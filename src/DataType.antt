-- ===== src/DataType.antt =====
-- src/common/*_data_type.cc: the MPI data types, and the regions of a file that a run of bytes of a type
-- stands for. A stride is an int32_t, held as its 64-bit pattern. `resize` is left out, so extent_
-- and trueExtent_ are one number; the lists of a type have one length and at least one block, as the
-- constructors assert.
pub mod Loops
pub mod Total
pub mod Strided
pub mod Tests
use hecios.DataType.Loops.{vector_loop, indexed_loop, struct_loop, zip_blocks}
use hecios.RegionSet.{FileRegion}
use hecios.Prelude.{
  ℕ, zero, suc, ◌+◌, ◌/◌, ◌%◌, ◌<◌, max, List, [], ◌∷◌, Option, none, some, if◌then◌else◌, ltb,
  length, replicate, add_u64, sub_u64, mul_u64, lt_i64,
}

-- The classes of the hierarchy. BlockIndexedDataType and HindexedDataType only fill in arguments of
-- IndexedDataType and StructDataType, see `block_indexed` and `hindexed`.
mutual
  pub data DataType : Type 0 where
    basic : ℕ → DataType
    contiguous : ℕ → DataType → DataType
    vector : ℕ → ℕ → ℕ → DataType → DataType
    indexed : List ℕ → List ℕ → DataType → DataType
    structure : List ℕ → List ℕ → DataTypes → DataType

  pub data DataTypes : Type 0 where
    nil : DataTypes
    cons : DataType → DataTypes → DataTypes

-- A size_t stored into an int32_t and widened again.
unfoldable pub to_i32 : ℕ → ℕ
to_i32 x = let y = x % 4294967296 in if ltb y 2147483648 then y else y + 18446744069414584320

-- DataType::calculateStridedExtent.
unfoldable pub calculate_strided_extent : ℕ → ℕ → ℕ → ℕ → ℕ
calculate_strided_extent count block_length stride element_extent =
    let strides = mul_u64 (sub_u64 count 1) stride in
    let lower = if lt_i64 stride 0 then to_i32 (mul_u64 strides element_extent) else 0 in
    let upper =
      if lt_i64 stride 0
      then to_i32 (mul_u64 block_length element_extent)
      else to_i32 (mul_u64 (add_u64 strides block_length) element_extent) in
    to_i32 (sub_u64 upper lower)

-- IndexedDataType::calculateExtent, from the last block.
unfoldable pub indexed_extent : List ℕ → List ℕ → ℕ → ℕ
indexed_extent [] displacements old = 0
indexed_extent (b ∷ bs) [] old = 0
indexed_extent (b ∷ []) (d ∷ ds) old = mul_u64 (add_u64 b d) old
indexed_extent (b ∷ b' ∷ bs) (d ∷ ds) old = indexed_extent (b' ∷ bs) ds old

-- StructDataType::calculateExtent, over the blocks with the extents of their types.
unfoldable pub struct_extent : ℕ → List ℕ → List ℕ → List ℕ → ℕ
struct_extent extent (b ∷ bs) (d ∷ ds) (e ∷ es) =
    struct_extent (max extent (add_u64 d (mul_u64 b e))) bs ds es
struct_extent extent _ _ _ = extent

unfoldable mutual
  unfolding calculate_strided_extent indexed_extent struct_extent

  pub get_extent : DataType → ℕ
  get_extent (basic width) = width
  get_extent (contiguous count old) = mul_u64 count (get_extent old)
  get_extent (vector count block_length stride old) =
      calculate_strided_extent count block_length stride (get_extent old)
  get_extent (indexed block_lengths displacements old) =
      indexed_extent block_lengths displacements (get_extent old)
  get_extent (structure block_lengths displacements types) =
      struct_extent 0 block_lengths displacements (get_extents types)

  pub get_extents : DataTypes → List ℕ
  get_extents nil = []
  get_extents (cons t ts) = get_extent t ∷ get_extents ts

-- getRepresentationByteLength.
unfoldable mutual
  pub representation_length : DataType → ℕ
  representation_length (basic width) = 4
  representation_length (contiguous count old) = 4 + representation_length old
  representation_length (vector count block_length stride old) =
      4 + 4 + 4 + representation_length old
  representation_length (indexed block_lengths displacements old) =
      add_u64 (add_u64 4 (mul_u64 8 (length block_lengths))) (representation_length old)
  representation_length (structure block_lengths displacements types) = representation_lengths types

  pub representation_lengths : DataTypes → ℕ
  representation_lengths nil = 0
  representation_lengths (cons t ts) = 4 + 4 + representation_length t + representation_lengths ts

-- IndexedDataType::getDataSize.
unfoldable pub get_data_size : ℕ → List ℕ → ℕ → ℕ
get_data_size size [] old = size
get_data_size size (b ∷ bs) old = get_data_size (add_u64 size (mul_u64 b old)) bs old

-- getRegionsByBytes, with the fuel of the loops. `none`: a loop ran out of fuel.
unfoldable mutual
  pub get_regions_by_bytes : DataType → ℕ → ℕ → ℕ → Option (List FileRegion)
  get_regions_by_bytes (basic width) fuel offset num_bytes =
      some (record { offset = offset; extent = num_bytes } ∷ [])
  get_regions_by_bytes (contiguous count old) fuel offset num_bytes =
      get_regions_by_bytes old fuel offset num_bytes
  get_regions_by_bytes (vector count block_length stride old) fuel offset num_bytes =
      vector_loop (get_regions_by_bytes old fuel) (mul_u64 stride (get_extent old))
        (mul_u64 block_length (get_extent old)) num_bytes fuel 0 offset []
  get_regions_by_bytes (indexed block_lengths displacements old) fuel offset num_bytes =
      let extent = indexed_extent block_lengths displacements (get_extent old) in
      let size = get_data_size 0 block_lengths (get_extent old) in
      indexed_loop (get_regions_by_bytes old fuel) (get_extent old) extent
        (zip_blocks block_lengths displacements) num_bytes fuel 0 (mul_u64 (offset / size) extent)
        (offset % size) []
  get_regions_by_bytes (structure block_lengths displacements types) fuel offset num_bytes =
      let extent = struct_extent 0 block_lengths displacements (get_extents types) in
      struct_loop (zip_blocks block_lengths displacements) (get_extents types)
        (regions_of_types types fuel) extent num_bytes fuel 0 (mul_u64 (offset / extent) extent)
        offset []

  pub regions_of_types : DataTypes → ℕ → List (ℕ → ℕ → Option (List FileRegion))
  regions_of_types nil fuel = []
  regions_of_types (cons t ts) fuel = get_regions_by_bytes t fuel ∷ regions_of_types ts fuel

-- The constructors of BlockIndexedDataType and HindexedDataType.
unfoldable pub block_indexed : ℕ → List ℕ → DataType → DataType
block_indexed block_length displacements old =
    indexed (replicate (length displacements) block_length) displacements old

unfoldable pub copies : ℕ → DataType → DataTypes
copies zero t = nil
copies (suc n) t = cons t (copies n t)

unfoldable pub hindexed : List ℕ → List ℕ → DataType → DataType
unfolding copies
hindexed block_lengths displacements old =
    structure block_lengths displacements (copies (length block_lengths) old)

-- HindexedDataType::getRepresentationByteLength, which overrides StructDataType's.
unfoldable pub hindexed_representation_length : List ℕ → DataType → ℕ
unfolding representation_length
hindexed_representation_length block_lengths old =
    add_u64 (add_u64 4 (mul_u64 8 (length block_lengths))) (representation_length old)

*ABOUT THIS TASK*. Looking at the records above, state the number of lines where the word "constructors" occurs, and write nothing beyond it.

*REPLY*. 2